## Provided material

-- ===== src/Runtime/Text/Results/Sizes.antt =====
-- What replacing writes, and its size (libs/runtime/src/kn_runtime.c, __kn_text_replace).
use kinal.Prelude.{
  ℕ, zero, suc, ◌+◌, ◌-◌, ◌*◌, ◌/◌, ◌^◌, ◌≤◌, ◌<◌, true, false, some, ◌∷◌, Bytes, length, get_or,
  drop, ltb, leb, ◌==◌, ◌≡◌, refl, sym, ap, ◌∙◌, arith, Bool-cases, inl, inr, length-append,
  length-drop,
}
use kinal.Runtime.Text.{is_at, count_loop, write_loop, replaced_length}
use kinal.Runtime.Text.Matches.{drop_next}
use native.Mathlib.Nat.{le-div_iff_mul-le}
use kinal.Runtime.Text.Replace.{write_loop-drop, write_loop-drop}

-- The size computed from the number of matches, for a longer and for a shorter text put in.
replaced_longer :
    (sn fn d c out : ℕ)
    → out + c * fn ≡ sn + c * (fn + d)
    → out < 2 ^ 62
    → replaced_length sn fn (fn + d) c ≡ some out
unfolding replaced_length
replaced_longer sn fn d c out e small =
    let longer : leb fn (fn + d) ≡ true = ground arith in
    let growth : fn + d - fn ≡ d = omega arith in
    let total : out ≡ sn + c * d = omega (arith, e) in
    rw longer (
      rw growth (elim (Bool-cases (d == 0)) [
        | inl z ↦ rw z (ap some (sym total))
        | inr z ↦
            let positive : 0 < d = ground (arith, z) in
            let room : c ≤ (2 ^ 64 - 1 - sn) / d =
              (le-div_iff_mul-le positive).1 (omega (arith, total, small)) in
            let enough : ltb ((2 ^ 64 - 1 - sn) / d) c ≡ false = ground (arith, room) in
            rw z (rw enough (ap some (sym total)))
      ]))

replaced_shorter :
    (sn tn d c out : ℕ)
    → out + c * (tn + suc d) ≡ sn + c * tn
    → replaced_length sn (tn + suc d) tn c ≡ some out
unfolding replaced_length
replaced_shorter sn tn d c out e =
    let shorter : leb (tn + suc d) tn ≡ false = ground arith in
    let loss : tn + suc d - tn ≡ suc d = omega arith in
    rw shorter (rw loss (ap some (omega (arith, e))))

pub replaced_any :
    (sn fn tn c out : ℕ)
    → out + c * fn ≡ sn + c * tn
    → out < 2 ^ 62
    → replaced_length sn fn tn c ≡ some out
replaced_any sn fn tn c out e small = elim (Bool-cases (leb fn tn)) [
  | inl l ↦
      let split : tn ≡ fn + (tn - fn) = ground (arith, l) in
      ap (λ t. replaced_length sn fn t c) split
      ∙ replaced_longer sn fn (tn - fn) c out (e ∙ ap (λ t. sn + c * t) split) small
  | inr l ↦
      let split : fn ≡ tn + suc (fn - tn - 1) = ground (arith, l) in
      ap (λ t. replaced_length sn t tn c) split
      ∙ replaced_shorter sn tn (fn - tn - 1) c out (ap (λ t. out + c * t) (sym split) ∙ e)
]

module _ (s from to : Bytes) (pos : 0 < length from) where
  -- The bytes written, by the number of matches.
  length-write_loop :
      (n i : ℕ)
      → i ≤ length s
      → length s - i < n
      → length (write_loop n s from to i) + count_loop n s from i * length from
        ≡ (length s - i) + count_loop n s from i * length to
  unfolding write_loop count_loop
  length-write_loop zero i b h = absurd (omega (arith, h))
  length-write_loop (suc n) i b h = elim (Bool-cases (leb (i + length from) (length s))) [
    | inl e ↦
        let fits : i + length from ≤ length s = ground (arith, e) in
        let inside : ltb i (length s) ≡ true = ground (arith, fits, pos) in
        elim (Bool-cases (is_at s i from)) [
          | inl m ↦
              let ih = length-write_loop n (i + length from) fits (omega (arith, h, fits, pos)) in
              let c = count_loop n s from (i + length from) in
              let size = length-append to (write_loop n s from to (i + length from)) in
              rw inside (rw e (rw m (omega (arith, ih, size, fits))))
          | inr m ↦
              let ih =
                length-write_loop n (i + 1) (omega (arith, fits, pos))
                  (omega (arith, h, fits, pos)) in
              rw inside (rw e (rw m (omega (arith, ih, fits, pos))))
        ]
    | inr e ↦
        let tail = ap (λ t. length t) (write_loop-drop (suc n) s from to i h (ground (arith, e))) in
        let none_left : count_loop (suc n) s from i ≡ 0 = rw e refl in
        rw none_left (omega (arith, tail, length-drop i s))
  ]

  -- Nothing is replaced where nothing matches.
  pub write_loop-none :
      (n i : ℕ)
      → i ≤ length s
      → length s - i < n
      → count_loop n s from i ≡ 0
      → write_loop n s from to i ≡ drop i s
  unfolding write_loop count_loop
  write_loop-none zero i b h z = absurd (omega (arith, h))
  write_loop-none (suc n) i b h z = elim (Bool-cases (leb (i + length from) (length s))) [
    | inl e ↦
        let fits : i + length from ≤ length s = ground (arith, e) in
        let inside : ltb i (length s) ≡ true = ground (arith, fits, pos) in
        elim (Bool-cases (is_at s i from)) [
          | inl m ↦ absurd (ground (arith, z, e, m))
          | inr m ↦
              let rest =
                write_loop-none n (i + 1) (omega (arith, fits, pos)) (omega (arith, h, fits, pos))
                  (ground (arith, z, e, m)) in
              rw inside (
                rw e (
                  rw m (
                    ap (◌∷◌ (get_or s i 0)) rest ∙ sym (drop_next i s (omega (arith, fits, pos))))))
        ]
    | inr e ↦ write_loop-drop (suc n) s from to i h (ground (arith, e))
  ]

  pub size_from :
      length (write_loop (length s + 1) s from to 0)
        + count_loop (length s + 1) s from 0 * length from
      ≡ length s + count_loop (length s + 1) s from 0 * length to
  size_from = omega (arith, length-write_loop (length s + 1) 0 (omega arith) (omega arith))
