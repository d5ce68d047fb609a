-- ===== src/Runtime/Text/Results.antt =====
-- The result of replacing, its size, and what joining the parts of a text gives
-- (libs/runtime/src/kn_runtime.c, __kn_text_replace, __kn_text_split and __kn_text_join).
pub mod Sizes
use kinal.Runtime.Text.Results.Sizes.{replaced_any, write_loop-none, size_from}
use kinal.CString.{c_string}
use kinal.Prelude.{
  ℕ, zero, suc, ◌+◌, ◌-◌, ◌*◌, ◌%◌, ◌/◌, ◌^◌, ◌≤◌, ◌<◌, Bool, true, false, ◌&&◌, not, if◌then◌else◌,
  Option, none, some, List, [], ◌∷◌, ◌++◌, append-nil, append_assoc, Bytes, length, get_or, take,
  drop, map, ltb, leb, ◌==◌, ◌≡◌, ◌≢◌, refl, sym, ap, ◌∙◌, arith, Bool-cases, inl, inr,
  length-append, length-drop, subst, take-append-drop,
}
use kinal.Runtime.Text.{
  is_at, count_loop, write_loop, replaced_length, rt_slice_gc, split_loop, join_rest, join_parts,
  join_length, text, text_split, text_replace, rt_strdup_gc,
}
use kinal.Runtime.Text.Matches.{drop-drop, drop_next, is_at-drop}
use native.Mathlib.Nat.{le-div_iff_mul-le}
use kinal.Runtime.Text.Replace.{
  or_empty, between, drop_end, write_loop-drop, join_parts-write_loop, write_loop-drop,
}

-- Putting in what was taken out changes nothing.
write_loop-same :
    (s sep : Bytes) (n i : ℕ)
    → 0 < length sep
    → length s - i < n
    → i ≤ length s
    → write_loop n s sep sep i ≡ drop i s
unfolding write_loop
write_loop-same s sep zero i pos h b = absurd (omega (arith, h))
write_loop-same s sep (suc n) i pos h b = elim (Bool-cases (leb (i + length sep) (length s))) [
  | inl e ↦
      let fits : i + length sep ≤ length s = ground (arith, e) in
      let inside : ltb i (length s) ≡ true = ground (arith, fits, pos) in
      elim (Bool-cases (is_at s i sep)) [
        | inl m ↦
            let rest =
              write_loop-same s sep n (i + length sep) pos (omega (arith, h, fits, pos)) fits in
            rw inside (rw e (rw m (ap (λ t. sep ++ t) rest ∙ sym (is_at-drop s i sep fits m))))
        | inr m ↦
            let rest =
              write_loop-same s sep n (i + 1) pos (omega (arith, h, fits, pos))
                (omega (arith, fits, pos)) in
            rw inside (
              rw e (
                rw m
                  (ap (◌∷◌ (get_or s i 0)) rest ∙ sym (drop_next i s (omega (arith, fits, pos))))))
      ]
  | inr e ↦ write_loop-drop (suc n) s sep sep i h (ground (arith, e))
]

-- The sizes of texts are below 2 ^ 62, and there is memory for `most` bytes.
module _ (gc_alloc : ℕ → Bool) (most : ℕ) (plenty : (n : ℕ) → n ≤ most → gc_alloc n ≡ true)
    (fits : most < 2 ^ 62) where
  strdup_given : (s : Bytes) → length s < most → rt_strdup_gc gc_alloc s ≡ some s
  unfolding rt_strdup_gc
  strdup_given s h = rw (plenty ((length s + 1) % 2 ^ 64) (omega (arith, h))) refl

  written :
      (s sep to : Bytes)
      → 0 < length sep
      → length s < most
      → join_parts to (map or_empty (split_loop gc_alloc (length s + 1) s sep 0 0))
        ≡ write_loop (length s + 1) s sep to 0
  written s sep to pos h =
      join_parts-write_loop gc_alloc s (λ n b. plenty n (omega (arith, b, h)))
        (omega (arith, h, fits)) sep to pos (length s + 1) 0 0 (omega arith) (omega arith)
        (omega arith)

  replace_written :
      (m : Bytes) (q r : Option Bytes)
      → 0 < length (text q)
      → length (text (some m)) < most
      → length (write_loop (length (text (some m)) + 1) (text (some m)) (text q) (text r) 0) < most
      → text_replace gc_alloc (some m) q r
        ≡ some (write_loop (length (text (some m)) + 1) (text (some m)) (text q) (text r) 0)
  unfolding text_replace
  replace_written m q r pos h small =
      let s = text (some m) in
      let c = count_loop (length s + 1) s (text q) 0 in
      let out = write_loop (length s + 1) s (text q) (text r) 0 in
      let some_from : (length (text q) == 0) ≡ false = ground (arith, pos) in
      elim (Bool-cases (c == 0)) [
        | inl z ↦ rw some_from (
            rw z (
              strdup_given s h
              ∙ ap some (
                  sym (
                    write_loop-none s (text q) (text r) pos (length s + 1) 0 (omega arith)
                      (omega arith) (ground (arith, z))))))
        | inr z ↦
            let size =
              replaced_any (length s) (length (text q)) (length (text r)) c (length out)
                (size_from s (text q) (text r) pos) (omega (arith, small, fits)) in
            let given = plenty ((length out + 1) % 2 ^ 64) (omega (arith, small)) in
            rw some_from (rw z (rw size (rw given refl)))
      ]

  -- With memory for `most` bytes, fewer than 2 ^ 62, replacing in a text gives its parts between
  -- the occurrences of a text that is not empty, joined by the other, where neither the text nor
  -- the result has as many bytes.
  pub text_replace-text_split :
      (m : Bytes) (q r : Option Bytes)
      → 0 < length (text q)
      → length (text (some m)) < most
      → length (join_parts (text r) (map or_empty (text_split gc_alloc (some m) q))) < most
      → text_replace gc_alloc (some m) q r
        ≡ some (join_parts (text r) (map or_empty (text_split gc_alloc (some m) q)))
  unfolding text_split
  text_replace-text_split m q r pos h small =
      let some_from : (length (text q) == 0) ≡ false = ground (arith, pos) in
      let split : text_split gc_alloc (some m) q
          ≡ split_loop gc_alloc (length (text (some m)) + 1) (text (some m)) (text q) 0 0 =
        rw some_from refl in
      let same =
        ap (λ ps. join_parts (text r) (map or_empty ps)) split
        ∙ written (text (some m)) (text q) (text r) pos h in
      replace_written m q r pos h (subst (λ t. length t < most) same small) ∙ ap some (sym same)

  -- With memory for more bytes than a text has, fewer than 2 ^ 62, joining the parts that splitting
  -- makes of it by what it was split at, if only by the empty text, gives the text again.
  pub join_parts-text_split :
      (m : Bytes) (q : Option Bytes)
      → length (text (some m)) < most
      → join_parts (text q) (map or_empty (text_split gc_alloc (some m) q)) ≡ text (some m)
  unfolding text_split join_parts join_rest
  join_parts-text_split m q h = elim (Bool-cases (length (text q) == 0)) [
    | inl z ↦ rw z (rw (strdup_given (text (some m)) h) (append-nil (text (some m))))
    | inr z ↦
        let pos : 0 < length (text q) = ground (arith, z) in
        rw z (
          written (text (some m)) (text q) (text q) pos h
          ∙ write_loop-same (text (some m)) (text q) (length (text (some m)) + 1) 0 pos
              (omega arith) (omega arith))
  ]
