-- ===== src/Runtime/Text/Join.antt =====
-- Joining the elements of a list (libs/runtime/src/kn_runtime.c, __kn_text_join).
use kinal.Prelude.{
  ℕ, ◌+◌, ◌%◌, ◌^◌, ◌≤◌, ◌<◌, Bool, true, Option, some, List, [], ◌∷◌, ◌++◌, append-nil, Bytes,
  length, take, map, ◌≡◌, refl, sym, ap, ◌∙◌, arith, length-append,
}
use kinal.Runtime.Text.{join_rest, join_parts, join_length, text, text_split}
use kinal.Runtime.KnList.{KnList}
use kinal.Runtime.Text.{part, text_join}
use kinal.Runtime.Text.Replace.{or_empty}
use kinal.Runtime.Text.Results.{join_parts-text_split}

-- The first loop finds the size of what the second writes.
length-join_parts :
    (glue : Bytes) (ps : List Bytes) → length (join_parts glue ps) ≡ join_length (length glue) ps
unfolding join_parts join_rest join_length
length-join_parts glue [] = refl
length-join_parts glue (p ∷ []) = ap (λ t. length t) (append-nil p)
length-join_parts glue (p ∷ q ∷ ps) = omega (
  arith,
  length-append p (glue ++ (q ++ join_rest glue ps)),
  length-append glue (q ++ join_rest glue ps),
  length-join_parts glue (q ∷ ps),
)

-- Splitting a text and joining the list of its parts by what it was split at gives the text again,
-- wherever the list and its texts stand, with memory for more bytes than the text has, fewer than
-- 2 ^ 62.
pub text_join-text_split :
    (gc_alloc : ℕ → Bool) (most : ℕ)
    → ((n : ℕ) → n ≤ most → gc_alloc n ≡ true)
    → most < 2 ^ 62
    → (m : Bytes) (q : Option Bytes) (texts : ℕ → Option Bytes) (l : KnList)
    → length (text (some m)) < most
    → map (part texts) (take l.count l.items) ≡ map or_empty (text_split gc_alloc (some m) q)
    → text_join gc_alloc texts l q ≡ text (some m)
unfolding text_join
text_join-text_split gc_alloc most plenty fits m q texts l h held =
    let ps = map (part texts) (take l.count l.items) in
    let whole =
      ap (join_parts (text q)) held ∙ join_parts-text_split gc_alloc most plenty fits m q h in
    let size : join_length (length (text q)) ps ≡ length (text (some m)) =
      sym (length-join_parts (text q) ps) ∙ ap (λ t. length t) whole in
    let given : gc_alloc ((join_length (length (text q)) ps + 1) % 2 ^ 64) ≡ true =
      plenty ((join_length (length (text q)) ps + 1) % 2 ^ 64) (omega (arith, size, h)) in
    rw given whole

## Exercise instructions
Search the data and copy each line containing "whole".

## Answer below
    let whole =
      sym (length-join_parts (text q) ps) ∙ ap (λ t. length t) whole in
    rw given whole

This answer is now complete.